Putin on Monday held separate meetings with Armenia's Serzh Sargsyan and Azerbaijan's Ilham Aliyev in the Russian city of Saint Petersburg, discussing efforts to help a fragile truce continue along the volatile front line of the contested region.
In early April, Azerbaijani and Armenian troops used artillery, tanks, and other armaments against each other on a scale not seen since a war in 1994.
According to reports, nearly 75 servicemen from both sides along with a number of civilians were killed in the latest skirmishes between the hostile neighbors.
A Russian-mediated truce went into effect later in April, but sporadic clashes have since continued.
Kremlin spokesman, Dmitry Peskov, said on Monday that the aim of talks between the Russian, Armenian and Azeri leaders was to make sure there was no resumption of military hostilities.
"Our position on Karabakh is well known, we want this issue to be resolved exclusively peacefully," the Armenian president told Putin during his meeting, adding that, "Unfortunately such conflicts cannot be resolved just through the desire of one side."
The Azeri president hit back, saying the "status quo is unacceptable" as he sat down with Putin. "In order to change the status quo, we need to end the occupation of the Azerbaijani territories," he said.
After the talks, Russian Foreign Minister Sergei Lavrov said the three leaders, in a joint statement, expressed readiness to normalize the situation along the line of contact and agreed to an increase in the number of monitors in the area from the Organization for Security and Cooperation in Europe (OSCE).

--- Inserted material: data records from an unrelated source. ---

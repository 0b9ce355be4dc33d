-- ===== src/Auth/SweptTables.antt =====
-- What the first stretch of the task of `AuthService` (Server/Content/auth_service.py) takes out of
-- the tables.
use cpy_q.Prelude.{
  ℕ, ◌≡◌, refl, sym, subst, ◌∙◌, inl, inr, false, Option, none, some, List, [], ◌∷◌, elem, arith,
  ◌==◌, if◌then◌else◌, Option-cases,
}
use cpy_q.Prelude.Dict.{Dict, lookup, lookup-erase}
use cpy_q.Token.{expired}
use cpy_q.Server.{Server}
use cpy_q.Auth.Keys.{IsKeyed}
use cpy_q.Auth.Sweep.{keys, sweep_keys, sweep_user, sweep_users, sweep_tokens}
use cpy_q.Auth.Sweeping.{lookup-keys, Swept, IsClean, sweep_keys-Swept}

sweep_users-keys :
    (users : List ℕ) (srv : Server)
    → ((sweep_users users srv).key_to_token ≡ srv.key_to_token)
      × ((sweep_users users srv).tokens ≡ srv.tokens)
unfolding sweep_users
sweep_users-keys [] srv = (refl, refl)
sweep_users-keys (user ∷ rest) srv =
    let later = sweep_users-keys rest (sweep_user user srv) in
    (later.0 ∙ (one user srv).0, later.1 ∙ (one user srv).1)
  where
    one :
        (user : ℕ) (srv : Server)
        → ((sweep_user user srv).key_to_token ≡ srv.key_to_token)
          × ((sweep_user user srv).tokens ≡ srv.tokens)
    one user srv = unfold sweep_user in (ground arith, ground arith)

-- What the key leads to where it leads to an unexpired token.
abbrev pub unexpired_lookup : ℕ → Server → ℕ → Option ℕ
unexpired_lookup now srv k = elim (lookup k srv.key_to_token) [
  | none ↦ none
  | some id ↦ if expired now (srv.tokens id) then none else some id
]

Swept-lookup :
    (now k : ℕ) (old srv : Server)
    → Swept now old srv
    → IsClean now srv k
    → lookup k srv.key_to_token ≡ unexpired_lookup now old k
Swept-lookup now k old srv s clean = elim (s.kept_or_expired k) [
  | inr (away, (id, was, over)) ↦ ground (arith, away, was, over)
  | inl kept ↦ elim (Option-cases (lookup k old.key_to_token)) [
    | inl missing ↦ ground (arith, kept, missing)
    | inr (id, was) ↦
        let good = subst (λ f. expired now (f id) ≡ false) s.same_tokens (clean id (kept ∙ was)) in
        ground (arith, kept, was, good)
  ]
]

-- Where each key belongs to its token, the first stretch of the task takes exactly the keys of
-- expired tokens out of the table: every key leads to the unexpired token that it led to, or
-- nowhere. It changes no token, and each key still belongs to its token.
pub sweep_tokens-keys :
    (now k : ℕ) (srv : Server)
    → IsKeyed srv
    → let srv' = (sweep_tokens now srv).0 in
      (lookup k srv'.key_to_token ≡ unexpired_lookup now srv k)
      × (srv'.tokens ≡ srv.tokens)
      × IsKeyed srv'
unfolding sweep_tokens
sweep_tokens-keys now k srv v =
    let swept = sweep_keys now (keys srv.key_to_token) (srv, []) in
    let (s, stays, each) =
      sweep_keys-Swept now (keys srv.key_to_token) srv srv []
        (record { same_tokens = refl; kept_or_expired = λ j. inl refl; keyed = v }) in
    let clean : IsClean now swept.0 k = λ id h. elim (s.kept_or_expired k) [
      | inl kept ↦ each k (lookup-keys k id srv.key_to_token (sym kept ∙ h)) id h
      | inr (away, gone) ↦ cc (away, h)
    ] in
    let later = sweep_users-keys (keys swept.0.user_to_tokens) swept.0 in
    rw (later.0, later.1) (Swept-lookup now k srv swept.0 s clean, s.same_tokens, s.keyed)

-- The set, unless there is none or it is empty.
abbrev pub nonempty : Option (List ℕ) → Option (List ℕ)
nonempty (some []) = none
nonempty other = other

sweep_user-lookup :
    (user u : ℕ) (srv : Server)
    → lookup u (sweep_user user srv).user_to_tokens
      ≡ (if u == user then nonempty (lookup u srv.user_to_tokens) else lookup u srv.user_to_tokens)
sweep_user-lookup user u srv = go (lookup user srv.user_to_tokens) refl
  where
    go :
        (o : Option (List ℕ))
        → lookup user srv.user_to_tokens ≡ o
        → lookup u (sweep_user user srv).user_to_tokens ≡ (
            if u == user
            then nonempty (lookup u srv.user_to_tokens)
            else lookup u srv.user_to_tokens)
    go none e = unfold sweep_user in ground arith
    go (some []) e = unfold sweep_user in ground (arith, lookup-erase u user srv.user_to_tokens)
    go (some (id ∷ ids)) e = unfold sweep_user in ground arith

nonempty_idem : (o : Option (List ℕ)) → nonempty (nonempty o) ≡ nonempty o
nonempty_idem none = refl
nonempty_idem (some []) = refl
nonempty_idem (some (id ∷ ids)) = refl

-- After the loop, each user that it has come to has a set that is not empty, or none.
sweep_users-lookup :
    (users : List ℕ) (u : ℕ) (srv : Server)
    → lookup u (sweep_users users srv).user_to_tokens ≡ (
        if elem u users
        then nonempty (lookup u srv.user_to_tokens)
        else lookup u srv.user_to_tokens)
unfolding sweep_users
sweep_users-lookup [] u srv = refl
sweep_users-lookup (user ∷ rest) u srv = ground (
  arith,
  sweep_users-lookup rest u (sweep_user user srv),
  sweep_user-lookup user u srv,
  nonempty_idem (lookup u srv.user_to_tokens),
)

pub elem-keys : {V : Type 0} (k : ℕ) (d : Dict V) → elem k (keys d) ≡ false → lookup k d ≡ none
unfolding lookup
elem-keys k [] h = refl
elem-keys k (e ∷ d) h = ground (arith, elem-keys k d)

-- The loop over a copy of the users takes exactly the empty sets out of `user_to_tokens`.
pub sweep_users-nonempty :
    (u : ℕ) (srv : Server)
    → lookup u (sweep_users (keys srv.user_to_tokens) srv).user_to_tokens
      ≡ nonempty (lookup u srv.user_to_tokens)
sweep_users-nonempty u srv =
    ground
      (arith, sweep_users-lookup (keys srv.user_to_tokens) u srv, elem-keys u srv.user_to_tokens)
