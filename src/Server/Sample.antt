-- ===== src/Server/Sample.antt =====
-- A small state of the server (Server/Content/server.py), for tests: user 7 has token 1 with the
-- keys 10 and 20, on session object 1, a copy of the registered session object 0; resource object 4
-- is resource 40, and user 7 owns it.
use cpy_q.Prelude.{ℕ, ◌+◌, none, [], ◌∷◌, ◌==◌, if◌then◌else◌, false}
use cpy_q.Access.{User}
use cpy_q.Token.{Token}
use cpy_q.Server.{Session, Resource, Server}

abbrev pub owner : User
owner = record { id = 7; teams = []; autopilot = false; admin = false }

abbrev pub token : Token
token = record {
  id = 1;
  access = 10;
  refresh = 20;
  access_expires = 900;
  refresh_expires = 3600;
  killed_at = none;
  session = 1;
}

abbrev pub session : ℕ → Session
session ref = record {
  id = if ref == 1 then 300 else 300 + ref;
  user = owner;
  resource_id = none;
  connections = [];
}

abbrev pub resource : ℕ → Resource
resource ref = record { id = 36 + ref; owner = owner; last_active = 0; session = none }

abbrev pub sample : Server
sample = record {
  config = record {
    max_tokens_per_user = 2;
    times = record { access_time = 900; refresh_time = 3600 };
    resource_grace = 300;
  };
  tokens = λ id. token;
  sessions = session;
  resources = resource;
  next_object = 6;
  key_to_token = (10, 1) ∷ (20, 1) ∷ [];
  user_to_tokens = (7, 1 ∷ []) ∷ [];
  session_id_to_session = (300, 0) ∷ [];
  resource_id_to_resource = (40, 4) ∷ [];
}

The Karabakh region, which is located in the Azerbaijan Republic but is populated by Armenians, has been under the control of local ethnic Armenian militia and the Armenian troops since a three-year war which claimed over 30,000 lives and ended in 1994.
Last week, Azerbaijan announced five days of major military drills near the breakaway region, which included some 25,000 servicemen and 300 tanks.